The amendment to the bench strength, stipulated under Article 124 of the Constitution, was predicated upon a recommendation issued earlier in the calendar year by the Collegium of senior judges, themselves responding to a protracted docket that has, according to official statistics, grown to encompass over two hundred thousand pending matters nationwide. In a communiqué released by the President’s Office, the head of state lauded the collegial consensus as a testament to the resilience of India's judicial architecture, whilst simultaneously invoking the timeless principle that a duly constituted bench must be sufficiently equipped to dispense justice without undue delay.

The Ministry of Law and Justice, through its spokesperson, reiterated that the executive branch would observe the constitutional prescription requiring parliamentary approval, and intimated that a legislative amendment to the Judges Act would be introduced in the forthcoming session of the Lok Sabha, thereby inviting scrutiny from elected representatives. Critics, including several senior advocates and civil‑society observers, have contended that the expansion, while ostensibly addressing case‑backlog concerns, may also serve to entrench patronage networks and exacerbate the already lamentable opacity surrounding judicial appointments, a charge that the government has so far dismissed as unfounded.
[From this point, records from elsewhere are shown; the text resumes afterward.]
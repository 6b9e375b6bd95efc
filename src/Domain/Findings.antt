-- ===== src/Domain/Findings.antt =====
-- app/domain/findings.py
use npm_sentinel.Base.{String, Option}
use npm_sentinel.Domain.Enums.{FindingType, FindingSeverity}

pub record Finding : Type 0 where
  pub finding_type : FindingType
  pub severity : FindingSeverity
  pub category : String
  pub description : String
  pub file_path : Option String
  pub evidence : Option String
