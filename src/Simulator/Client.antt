-- ===== src/Simulator/Client.antt =====
-- simulators/simulated_device.py: the bootstrap of a simulated device. The client talks to the handlers
-- of the server; what happens to each request on its way is an argument, and so is the moment at which
-- the writing of the credentials is interrupted. none stands for an exception, which ends `main`.
use Prim.Native.String.{◌++◌ as text_append}
use secure_io_t_device_platf.Base.{
  leb, ℕ, String, Bool, false, not, ◌&&◌, ◌||◌, Option, none, some, List, [], ◌∷◌, eqb, ◌==◌,
  if◌then◌else◌,
}
use secure_io_t_device_platf.Base.Text.{same_codes, is_empty}
use secure_io_t_device_platf.Env.{Context, Crypto}
use secure_io_t_device_platf.Models.{Server, is_some}
use secure_io_t_device_platf.Provisioning.Challenge.{Challenge, create_challenge}
use secure_io_t_device_platf.Provisioning.Finish.{EnrollmentRequest, Enrollment}
use secure_io_t_device_platf.Provisioning.Enroll.{enroll_device}
use secure_io_t_device_platf.Admin.{DeviceCreate, create_device, reset_device}
use secure_io_t_device_platf.Simulator.Http.{
  ClientLib, Http, Link, body, calculate_proof, http_json, http_status, no_connection,
}

-- The files of a device; of factory.json the secret, of device.key the public half.
pub record Files : Type 0 where
  pub factory : Option String
  pub key : Option (List ℕ)
  pub certificate : Option String
  pub ca : Option String
  pub provisioning : Option Enrollment

unfoldable pub credentials_available : Files → Bool
credentials_available f =
    is_some f.key && is_some f.certificate && is_some f.ca && is_some f.provisioning

pub record World : Type 0 where
  pub files : Files
  pub server : Server

-- The command line.
pub record Args : Type 0 where
  pub device_id : String
  pub family : String
  pub bootstrap_secret : Option String
  pub auto_register : Bool
  pub admin_username : Option String
  pub admin_password : Option String

-- bool(value) of an optional text
unfoldable pub given : Option String → Bool
given none = false
given (some s) = not (is_empty s)

-- One run of the client: the links, the server's surroundings and draws for each request, the new key
-- with its CSR, and how many of the four files are written before an interruption.
pub record Attempt : Type 0 where
  pub register_link : Link
  pub reset_link : Link
  pub challenge_link : Link
  pub enroll_link : Link
  pub register_context : Context
  pub challenge_context : Context
  pub enroll_context : Context
  pub secret : String
  pub rotated_secret : String
  pub session_id : String
  pub nonce : String
  pub source_ip : Option String
  pub serial : ℕ
  pub key : List ℕ
  pub csr_pem : String
  pub csr_der : List ℕ
  pub written : ℕ

unfoldable pub write_factory : String → World → Option String × World
write_factory secret w =
    (some secret, record w { files = record w.files { factory = some secret } })

unfoldable pub registration : Args → DeviceCreate
registration args = record {
  device_id = args.device_id;
  family = args.family;
  display_name =
      some (text_append "[SIM] " (text_append args.family (text_append " " args.device_id)));
  deployment_type = "simulated";
  allow_reprovisioning = false;
}

-- The secret of a registration, or of a reset where the device is registered already.
unfoldable pub register : Args → Attempt → World → Option String × World
register args a w =
    let (reply, s) =
      http_json a.register_link
        (create_device a.register_context w.server (registration args) a.secret) w.server in
    let (again, s') =
      http_json a.reset_link (reset_device a.register_context args.device_id a.rotated_secret) s in
    elim reply [
      | body created ↦ write_factory created.bootstrap_secret (record w { server = s })
      | no_connection ↦ (none, record w { server = s })
      | http_status status ↦
          if eqb status 409
          then elim again [
            | body created ↦ write_factory created.bootstrap_secret (record w { server = s' })
            | http_status status' ↦ (none, record w { server = s' })
            | no_connection ↦ (none, record w { server = s' })
          ]
          else (none, record w { server = s })
    ]

-- The outer none is an exception, the inner one the `None` of a device that has its credentials.
unfoldable pub ensure_factory_identity : Args → Attempt → World → Option (Option String) × World
ensure_factory_identity args a w =
    let (secret, registered) = register args a w in
    if credentials_available w.files
    then (some none, w)
    else if given args.bootstrap_secret
    then (some args.bootstrap_secret, w)
    else if is_some w.files.factory
    then (some w.files.factory, w)
    else if not args.auto_register
    then (none, w)
    else if not (given args.admin_username) || not (given args.admin_password)
    then (none, w)
    else elim secret [ none ↦ (none, registered) | some s ↦ (some (some s), registered) ]

abbrev pub only_name : List String → String → Bool
only_name (name ∷ []) device_id = name == device_id
only_name _ device_id = false

-- Whether it returns; a missing file, which raises as well, does not occur after `credentials_available`.
unfoldable pub validate_local_credentials : ClientLib → String → Files → Bool
validate_local_credentials lib device_id f = elim f.certificate [
  | none ↦ false
  | some pem ↦ elim (lib.load_certificate pem) [
    | none ↦ false
    | some certificate ↦ elim f.key [
      | none ↦ false
      | some key ↦
          only_name certificate.common_names device_id && same_codes certificate.public_bytes key
    ]
  ]
]

-- The first files of the four, in the order of their writing.
unfoldable pub store_credentials : ℕ → List ℕ → Enrollment → Files → Files
store_credentials written key enrollment f = record f {
  key = if leb 1 written then some key else f.key;
  certificate = if leb 2 written then some enrollment.certificate_pem else f.certificate;
  ca = if leb 3 written then some enrollment.ca_certificate_pem else f.ca;
  provisioning = if leb 4 written then some enrollment else f.provisioning;
}

-- Without a body `http_json` raises.
unfoldable pub on_body :
    {A B : Type 0} → Http A → (A → World → Option B × World) → World → Option B × World
on_body (body x) go w = go x w
on_body (http_status status) go w = (none, w)
on_body no_connection go w = (none, w)

module _ (crypto : Crypto) (lib : ClientLib) (args : Args) (a : Attempt) where
  unfoldable pub finish_provision : Enrollment → World → Option Enrollment × World
  finish_provision enrollment w = elim (lib.load_certificate enrollment.certificate_pem) [
    | none ↦ (none, w)
    | some issued ↦
        if same_codes issued.public_bytes a.key
        then (
          if leb 4 a.written then some enrollment else none,
          record w { files = store_credentials a.written a.key enrollment w.files },
        )
        else (none, w)
  ]

  unfoldable pub enrollment_request : Challenge → String → EnrollmentRequest
  enrollment_request challenge proof = record {
    device_id = args.device_id;
    session_id = challenge.session_id;
    csr_pem = a.csr_pem;
    proof = proof;
  }

  unfoldable pub answer_challenge : String → Challenge → World → Option Enrollment × World
  answer_challenge secret challenge w =
      elim (calculate_proof crypto lib secret args.device_id challenge.session_id challenge.nonce
        (crypto.sha256_hex a.csr_der)) [
          | none ↦ (none, w)
          | some proof ↦
              let (reply, s) =
                http_json a.enroll_link
                  (enroll_device a.enroll_context a.serial (enrollment_request challenge proof))
                  w.server in
              on_body reply finish_provision (record w { server = s })
        ]

  unfoldable pub bootstrap : String → World → Option Enrollment × World
  bootstrap secret w =
      let (reply, s) =
        http_json a.challenge_link
          (create_challenge a.challenge_context args.device_id a.session_id a.nonce a.source_ip)
          w.server in
      on_body reply (answer_challenge secret) (record w { server = s })

  -- The configuration that `run` goes on with.
  unfoldable pub provision_if_needed : World → Option Enrollment × World
  provision_if_needed w =
      let (identity, known) = ensure_factory_identity args a w in
      if credentials_available w.files
      then (
        if validate_local_credentials lib args.device_id w.files
            then w.files.provisioning
            else none,
        w,
      )
      else elim identity [
        | none ↦ (none, known)
        | some none ↦ (none, known)
        | some (some secret) ↦ if is_empty secret then (none, known) else bootstrap secret known
      ]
Nevertheless, empirical data released by the Supreme Court’s administrative office indicate that, despite the incremental increase in judicial manpower, the average duration from filing to disposal of civil suits has remained stubbornly above three years, thereby casting doubt upon the efficacy of mere numerical augmentation as a panacea for systemic delay.
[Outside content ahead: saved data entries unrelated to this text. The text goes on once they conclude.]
-- ===== src/Simulator/Credentials.antt =====
-- The files of a simulated device, however its runs are interrupted.
use mathlib.Core.Path.{subst}
use secure_io_t_device_platf.Base.{
  ℕ, ◌≤◌, ◌≡◌, refl, ◌∙◌, arith, String, true, false, Option, none, some, List, [], ◌∷◌, eqb, leb,
  Bool-cases, Option-cases, inl, inr, ◌⊎◌,
}
use secure_io_t_device_platf.Base.Text.{same_codes, is_empty}
use secure_io_t_device_platf.Env.{Crypto}
use secure_io_t_device_platf.Models.{Server}
use secure_io_t_device_platf.Security.Proofs.{same_codes_iff}
use secure_io_t_device_platf.Provisioning.Challenge.{Challenge, create_challenge}
use secure_io_t_device_platf.Provisioning.Enroll.{enroll_device}
use secure_io_t_device_platf.Provisioning.Finish.{Enrollment}
use secure_io_t_device_platf.Admin.{create_device, reset_device}
use secure_io_t_device_platf.Simulator.Client.{
  on_body, Files, World, Args, Attempt, credentials_available, write_factory, registration,
  register, ensure_factory_identity, store_credentials, finish_provision, enrollment_request,
  answer_challenge, bootstrap, provision_if_needed,
}
use secure_io_t_device_platf.Simulator.Http.{
  ParsedCertificate, ClientLib, Http, body, http_status, no_connection, http_json, calculate_proof,
}

-- The files of one enrollment: its certificate and that of the CA, and the key it certifies.
pub record Complete (lib : ClientLib) (e : Enrollment) (f : Files) : Type 0 where
  pub certificate : f.certificate ≡ some e.certificate_pem
  pub ca : f.ca ≡ some e.ca_certificate_pem
  pub parsed : ParsedCertificate
  pub loaded : lib.load_certificate e.certificate_pem ≡ some parsed
  pub key : f.key ≡ some parsed.public_bytes

-- A configuration stands only beside the files of its enrollment.
abbrev pub Matching : ClientLib → Files → Type 0
Matching lib f = (e : Enrollment) → f.provisioning ≡ some e → Complete lib e f

pub Http-cases :
    {A : Type 0} (h : Http A)
    → ((x : A) × (h ≡ body x)) ⊎ ((n : ℕ) × (h ≡ http_status n)) ⊎ (h ≡ no_connection)
Http-cases (body x) = inl (x, refl)
Http-cases (http_status n) = inr (inl (n, refl))
Http-cases no_connection = inr (inr refl)

body-Matching :
    {A B : Type 0} {lib : ClientLib} (h : Http A) (go : A → World → Option B × World) (w : World)
    → w.files.provisioning ≡ none
    → ((x : A) → Matching lib (go x w).1.files)
    → Matching lib (on_body h go w).1.files
unfolding on_body
body-Matching (body x) go w h k = k x
body-Matching (http_status n) go w h k = λ e q. absurd (ground (arith, h, q))
body-Matching no_connection go w h k = λ e q. absurd (ground (arith, h, q))

module _ (crypto : Crypto) (lib : ClientLib) (args : Args) where
  unconfigured : (f : Files) → f.provisioning ≡ none → Matching lib f
  unconfigured f h e k = absurd (ground arith)

  missing : (f : Files) → Matching lib f → credentials_available f ≡ false → f.provisioning ≡ none
  unfolding credentials_available
  missing f m h = elim (Option-cases f.provisioning) [
    | inl e ↦ e
    | inr (e, k) ↦ let c = m e k in absurd (ground (arith, c.certificate, c.ca, c.key))
  ]

  module _ (a : Attempt) where
    register-provisioning :
        (w : World) → (register args a w).1.files.provisioning ≡ w.files.provisioning
    unfolding register write_factory
    register-provisioning w =
        let (reply, s) =
          http_json a.register_link
            (create_device a.register_context w.server (registration args) a.secret) w.server in
        let (again, s') =
          http_json a.reset_link (reset_device a.register_context args.device_id a.rotated_secret)
            s in
        elim (Http-cases reply) [
          | inl (x, e) ↦ rw (e, register) refl
          | inr (inr e) ↦ rw (e, register) refl
          | inr (inl (n, e)) ↦ elim (Bool-cases (eqb n 409)) [
            | inr k ↦ rw (e, register, k) refl
            | inl k ↦ elim (Http-cases again) [
              | inl (x, q) ↦ rw (e, register, k, q) refl
              | inr (inl (n', q)) ↦ rw (e, register, k, q) refl
              | inr (inr q) ↦ rw (e, register, k, q) refl
            ]
          ]
        ]

    ensure-provisioning :
        (w : World) → (ensure_factory_identity args a w).1.files.provisioning ≡ w.files.provisioning
    unfolding ensure_factory_identity
    ensure-provisioning w = ground (arith, register-provisioning w)

    complete :
        (e : Enrollment) (f : Files) (issued : ParsedCertificate)
        → lib.load_certificate e.certificate_pem ≡ some issued
        → same_codes issued.public_bytes a.key ≡ true
        → 4 ≤ a.written
        → Matching lib (store_credentials a.written a.key e f)
    unfolding store_credentials
    complete e f issued k q four e' k' =
        let stored : some e ≡ some e' = ground (arith, k', four) in
        let same : e ≡ e' = cc in
        subst (λ x. Complete lib x (store_credentials a.written a.key e f)) same
          (record {
            certificate = ground (arith, four);
            ca = ground (arith, four);
            parsed = issued;
            loaded = k;
            key = ground (arith, four, (same_codes_iff issued.public_bytes a.key).0 q);
          })

    finish-Matching :
        (e : Enrollment) (w : World)
        → w.files.provisioning ≡ none
        → Matching lib (finish_provision crypto lib args a e w).1.files
    unfolding finish_provision store_credentials
    finish-Matching e w h = elim (Option-cases (lib.load_certificate e.certificate_pem)) [
      | inl k ↦ rw (k, finish_provision) (unconfigured w.files h)
      | inr (issued, k) ↦ elim (Bool-cases (same_codes issued.public_bytes a.key)) [
        | inr q ↦ rw (k, finish_provision, q) (unconfigured w.files h)
        | inl q ↦ elim (Bool-cases (leb 4 a.written)) [
          | inl x ↦ rw (k, finish_provision, q) (complete e w.files issued k q (ground arith))
          | inr x ↦ rw (k, finish_provision, q) (λ e' k'. absurd (ground arith))
        ]
      ]
    ]

    answer-Matching :
        (secret : String) (challenge : Challenge) (w : World)
        → w.files.provisioning ≡ none
        → Matching lib (answer_challenge crypto lib args a secret challenge w).1.files
    unfolding answer_challenge
    answer-Matching secret challenge w h =
        elim (Option-cases (
          calculate_proof crypto lib secret args.device_id challenge.session_id challenge.nonce
            (crypto.sha256_hex a.csr_der))) [
              | inl e ↦ rw (e, answer_challenge) (unconfigured w.files h)
              | inr (proof, e) ↦
                  let (reply, s) =
                    http_json a.enroll_link
                      (enroll_device a.enroll_context a.serial
                        (enrollment_request crypto lib args a challenge proof))
                      w.server in
                  rw (e, answer_challenge)
                    (body-Matching reply (finish_provision crypto lib args a)
                      (record w { server = s }) h
                      (λ x. finish-Matching x (record w { server = s }) h))
            ]

    bootstrap-Matching :
        (secret : String) (w : World)
        → w.files.provisioning ≡ none
        → Matching lib (bootstrap crypto lib args a secret w).1.files
    unfolding bootstrap
    bootstrap-Matching secret w h =
        let (reply, s) =
          http_json a.challenge_link
            (create_challenge a.challenge_context args.device_id a.session_id a.nonce a.source_ip)
            w.server in
        body-Matching reply (answer_challenge crypto lib args a secret) (record w { server = s }) h
          (λ x. answer-Matching secret x (record w { server = s }) h)

    provision-Matching :
        (w : World)
        → Matching lib w.files
        → Matching lib (provision_if_needed crypto lib args a w).1.files
    unfolding provision_if_needed
    provision-Matching w m = elim (Bool-cases (credentials_available w.files)) [
      | inl e ↦ rw (e, provision_if_needed) m
      | inr e ↦
          let known = (ensure_factory_identity args a w).1 in
          let h : known.files.provisioning ≡ none = ensure-provisioning w ∙ missing w.files m e in
          elim (Option-cases (ensure_factory_identity args a w).0) [
            | inl k ↦ rw (e, provision_if_needed, k) (unconfigured known.files h)
            | inr (none, k) ↦ rw (e, provision_if_needed, k) (unconfigured known.files h)
            | inr (some secret, k) ↦ elim (Bool-cases (is_empty secret)) [
              | inl q ↦ rw (e, provision_if_needed, k, q) (unconfigured known.files h)
              | inr q ↦ rw (e, provision_if_needed, k, q) (bootstrap-Matching secret known h)
            ]
          ]
    ]

-- A run of the client, and whatever happens to the server between two runs.
pub data Turn : Type 0 where
  tries : Attempt → Turn
  meets : Server → Turn

module _ (crypto : Crypto) (lib : ClientLib) (args : Args) where
  unfoldable pub client_step : Turn → World → World
  client_step (tries a) w = (provision_if_needed crypto lib args a w).1
  client_step (meets s) w = record w { server = s }

  unfoldable pub client_run : List Turn → World → World
  client_run [] w = w
  client_run (t ∷ ts) w = client_run ts (client_step t w)

  -- However often the client runs, whatever becomes of its requests, whatever the server does in between
  -- and wherever the writing of the files stops: a stored configuration stands beside the certificate of
  -- its enrollment, the certificate of the CA, and the key that the certificate is for.
  pub client_run-Matching :
      (ts : List Turn) (w : World) → Matching lib w.files → Matching lib (client_run ts w).files
  unfolding client_run client_step
  client_run-Matching [] w m = m
  client_run-Matching (tries a ∷ ts) w m =
      client_run-Matching ts (client_step (tries a) w) (provision-Matching crypto lib args a w m)
  client_run-Matching (meets s ∷ ts) w m = client_run-Matching ts (record w { server = s }) m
If the constitutional mechanism demands parliamentary assent for any alteration of the Supreme Court’s composition, what substantive scrutiny mechanisms are embedded within legislative debate to ensure that the expansion does not merely serve transient political expediencies at the expense of enduring judicial independence? In the absence of a transparent metric linking the number of justices to measurable reductions in case backlogs, how may legislators and the public hold the judiciary accountable for demonstrable improvements rather than accepting the presumption that additional seats automatically translate into expedited justice? Given that the Judges Act amendment will define the procedural criteria for future appointments, ought the executive branch be mandated to disclose the rationale behind each nominee’s selection in order to safeguard against the re‑emergence of opaque patronage that has historically plagued judicial recruitment? When the Supreme Court’s own administrative data reveal persistent delays despite increased capacity, what comprehensive reform agenda—encompassing case management, digitalization, and procedural streamlining—should be pursued in concert with numerical expansion to ensure that the investment of public funds yields tangible enhancements to access to justice?
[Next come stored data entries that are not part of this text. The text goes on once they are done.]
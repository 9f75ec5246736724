-- ===== src/Factory/Sealed.antt =====
-- The secret that the server returns to the station is the one that it sealed for the unit.
use mathlib.Core.Path.{subst}
use secure_io_t_device_platf.Base.{
  ℕ, ◌≤◌, String, ◌≡◌, refl, ◌∙◌, ap, sym, arith, Bool, some, none, List, Option, Option-cases,
  Bool-cases, inl, inr, ◌⊎◌, eq_refl, eqb, length,
}
use secure_io_t_device_platf.Base.Text.{codes}
use secure_io_t_device_platf.Table
use secure_io_t_device_platf.Env.{Context, Try, ok, security_error, crash, Reply, response}
use secure_io_t_device_platf.Models.{Server, Device, device_key, find_device, pending}
use secure_io_t_device_platf.Security.{validate_device_id, from_master_key, encrypt, decrypt}
use secure_io_t_device_platf.Registry.{
  Registration, registered, registry_error, invalid_input, crashed, register_device,
  reset_to_pending, reset_bootstrap_secret,
}
use secure_io_t_device_platf.Registry.Registering.{
  IsFernet, decrypt-encrypt, register_device-Enlisted,
}
use secure_io_t_device_platf.Registry.Resetting.{reset_bootstrap_secret-Replaced}
use secure_io_t_device_platf.Mqtt.Publish.{evict_device}
use secure_io_t_device_platf.Admin.{
  DeviceCreate, DeviceCreated, create_device, create_response, created, reset_device,
  reset_response,
}
use secure_io_t_device_platf.Simulator.Http.{
  Http, Link, delivered, lost, unanswered, answered_by, body, http_status, no_connection, http_json,
  http_of,
}
use secure_io_t_device_platf.Simulator.Credentials.{Http-cases}
use secure_io_t_device_platf.Factory.Serial.{done, ReadyIdentity}
use secure_io_t_device_platf.Factory.Provision.{
  Api, registration_payload, register_or_reset_device, replaced_secret, checked_secret,
}

-- A pending device without a certificate, under the announced id, whose sealed secret opens to this one.
pub record Sealed (c : Context) (given secret : String) (t : Server) : Type 0 where
  pub device : Device
  pub named : (validate_device_id given ≡ ok device.device_id) ⊎ (device.device_id ≡ given)
  pub stored : find_device t device.device_id ≡ some device
  pub is_pending : device.lifecycle_status ≡ pending
  pub no_certificate : device.certificate_serial ≡ none
  pub box : List ℕ
  pub unsealed : from_master_key c.crypto c.settings.bootstrap_master_key ≡ ok box
  pub opens : decrypt c.crypto box device.bootstrap_secret_encrypted ≡ ok secret

moved :
    (c : Context) (id x y : String) (s t : Server)
    → x ≡ y
    → s ≡ t
    → Sealed c id x s
    → Sealed c id y t
moved c id x y s t p q h =
    subst {A = String × Server} (λ z. Sealed c id z.0 z.1) (λ i. (p i, q i)) h

http_json-body :
    {A : Type 0} (link : Link) (h : Server → Reply A × Server) (s : Server) (x : A)
    → (http_json link h s).0 ≡ body x
    → h s ≡ (response x, (http_json link h s).1)
unfolding http_json http_of
http_json-body delivered h s x k = ground arith
http_json-body lost h s x k = absurd (ground arith)
http_json-body unanswered h s x k = absurd (ground arith)
http_json-body (answered_by status) h s x k = absurd (ground arith)

create_response-registered :
    (r : Registration × Server) (x : DeviceCreated) (t : Server)
    → create_response r ≡ (response x, t)
    → (d : Device) × (r ≡ (registered d x.bootstrap_secret, t))
unfolding create_response created
create_response-registered (registered d secret, s) x t h = (d, ground arith)
create_response-registered (registry_error e, s) x t h = absurd (ground arith)
create_response-registered (invalid_input e, s) x t h = absurd (ground arith)
create_response-registered (crashed, s) x t h = absurd (ground arith)

reset_response-ok :
    (c : Context) (d : Device) (r : Try String × Server) (x : DeviceCreated) (t : Server)
    → reset_response c d r ≡ (response x, t)
    → (r ≡ (ok x.bootstrap_secret, r.1)) × (t.devices ≡ r.1.devices)
unfolding reset_response created evict_device
reset_response-ok c d (ok secret, s) x t h = (ground arith, ground arith)
reset_response-ok c d (security_error e, s) x t h = absurd (ground arith)
reset_response-ok c d (crash, s) x t h = absurd (ground arith)

module _ (c : Context) (secret : String) (k : IsFernet c.crypto secret) where
  create_device-Sealed :
      (s : Server) (p : DeviceCreate) (x : DeviceCreated) (t : Server)
      → create_device c s p secret s ≡ (response x, t)
      → Sealed c p.device_id x.bootstrap_secret t
  unfolding create_device
  create_device-Sealed s p x t h =
      let r =
        register_device c s s p.device_id p.family p.display_name p.deployment_type
          p.allow_reprovisioning secret in
      let (d, e) = create_response-registered r x t h in
      let e' =
        register_device-Enlisted c s s p.device_id p.family p.display_name p.deployment_type
          p.allow_reprovisioning secret d x.bootstrap_secret t k e in
      record {
        device = d;
        named = inl e'.valid;
        stored = e'.stored;
        is_pending = e'.is_pending;
        no_certificate = e'.no_certificate;
        box = e'.box;
        unsealed = e'.unsealed;
        opens = e'.opens;
      }

  reset_device-Sealed :
      (s : Server) (id : String) (x : DeviceCreated) (t : Server)
      → reset_device c id secret s ≡ (response x, t)
      → Sealed c id x.bootstrap_secret t
  unfolding reset_device reset_to_pending
  reset_device-Sealed s id x t h = elim (Option-cases (find_device s id)) [
    | inl e ↦ absurd (ground arith)
    | inr (d, e) ↦
        let r = reset_bootstrap_secret c s d secret in
        let (answered, devices) = reset_response-ok c d r x t (rw (e, reset_device) at h) in
        let (same, k') =
          reset_bootstrap_secret-Replaced c secret s d x.bootstrap_secret r.1 answered in
        let row = reset_to_pending d (encrypt c.crypto k'.box secret) in
        record {
          device = row;
          named = inr (Table.find_key device_key id s.devices d e);
          stored =
              ap (Table.find device_key d.device_id) devices
              ∙ k'.rows d.device_id
              ∙ rw (eq_refl d.device_id);
          is_pending = refl;
          no_certificate = refl;
          box = k'.box;
          unsealed = k'.unsealed;
          opens = decrypt-encrypt c.crypto k'.box secret k ∙ ap ok (sym same);
        }
  ]

-- A secret that the station obtains has at least 40 characters and is sealed in the announced unit's row.
module _ (api : Api) (identity : ReadyIdentity) (name : Option String) (reset_existing : Bool)
    (kept : IsFernet api.context.crypto api.secret)
    (kept' : IsFernet api.context.crypto api.rotated_secret) where
  checked_secret-done :
      (x y : String) → checked_secret x ≡ done y → (x ≡ y) × (40 ≤ length (codes y))
  unfolding checked_secret
  checked_secret-done x y h = ground arith

  replaced_secret-done :
      (reply : Http DeviceCreated) (y : String)
      → replaced_secret reply ≡ done y
      → (x : DeviceCreated) × (reply ≡ body x) × (x.bootstrap_secret ≡ y) × (40 ≤ length (codes y))
  unfolding replaced_secret
  replaced_secret-done (body x) y h =
      let (same, long) = checked_secret-done x.bootstrap_secret y h in (x, refl, same, long)
  replaced_secret-done (http_status n) y h = absurd (ground arith)
  replaced_secret-done no_connection y h = absurd (ground arith)

  pub register_or_reset_device-Sealed :
      (s : Server) (y : String) (t : Server)
      → register_or_reset_device api identity name reset_existing s ≡ (done y, t)
      → (40 ≤ length (codes y)) × Sealed api.context identity.device_id y t
  unfolding register_or_reset_device registration_payload
  register_or_reset_device-Sealed s y t h =
      let create = create_device api.context s (registration_payload identity name) api.secret in
      let reset = reset_device api.context identity.device_id api.rotated_secret in
      let (reply, s') = http_json api.register_link create s in
      let (again, s'') = http_json api.reset_link reset s' in
      elim (Http-cases reply) [
        | inr (inr e) ↦ absurd (ground arith)
        | inl (x, e) ↦
            let h' : (checked_secret x.bootstrap_secret, s') ≡ (done y, t) =
              rw (e, register_or_reset_device) at h in
            let (same, long) = checked_secret-done x.bootstrap_secret y (λ i. (h' i).0) in
            (
              long,
              moved api.context identity.device_id x.bootstrap_secret y s' t same (λ i. (h' i).1)
                  (create_device-Sealed api.context api.secret kept s
                    (registration_payload identity name) x s'
                    (http_json-body api.register_link create s x e)),
            )
        | inr (inl (n, e)) ↦ elim (Bool-cases (eqb n 409)) [
          | inr q ↦ absurd (ground arith)
          | inl q ↦ elim (Bool-cases reset_existing) [
            | inr r ↦ absurd (ground arith)
            | inl r ↦
                let h' : (replaced_secret again, s'') ≡ (done y, t) =
                  rw (e, register_or_reset_device, q, r) at h in
                let (x, answered, same, long) = replaced_secret-done again y (λ i. (h' i).0) in
                (
                  long,
                  moved api.context identity.device_id x.bootstrap_secret y s'' t same
                      (λ i. (h' i).1)
                      (reset_device-Sealed api.context api.rotated_secret kept' s'
                        identity.device_id x s''
                        (http_json-body api.reset_link reset s' x answered)),
                )
          ]
        ]
      ]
Should the President’s endorsement of the bench enlargement be interpreted merely as a ceremonial assent, or does it carry an implied endorsement of the underlying policy choices, thereby obliging the office to exercise a more rigorous evaluative function consistent with constitutional guardianship? If the legislative record fails to detail the fiscal implications of sustaining three additional justices, what obligation does the Comptroller and Auditor General bear to scrutinize the allocation of state resources toward judicial remuneration, infrastructure, and ancillary services? In light of constitutional guarantees of equality before law, might the temporary increase in judicial capacity, if not paired with equitable geographic distribution of courts, inadvertently exacerbate regional disparities in access, thereby contravening the very egalitarian ethos it purports to uphold? Finally, considering that public confidence in the judiciary rests upon transparent appointment procedures, does the current lack of a statutory requirement for publishing detailed dossiers on each nominee erode the citizenry’s ability to test official claims against documented evidence, and if so, what remedial legislative measures might be warranted?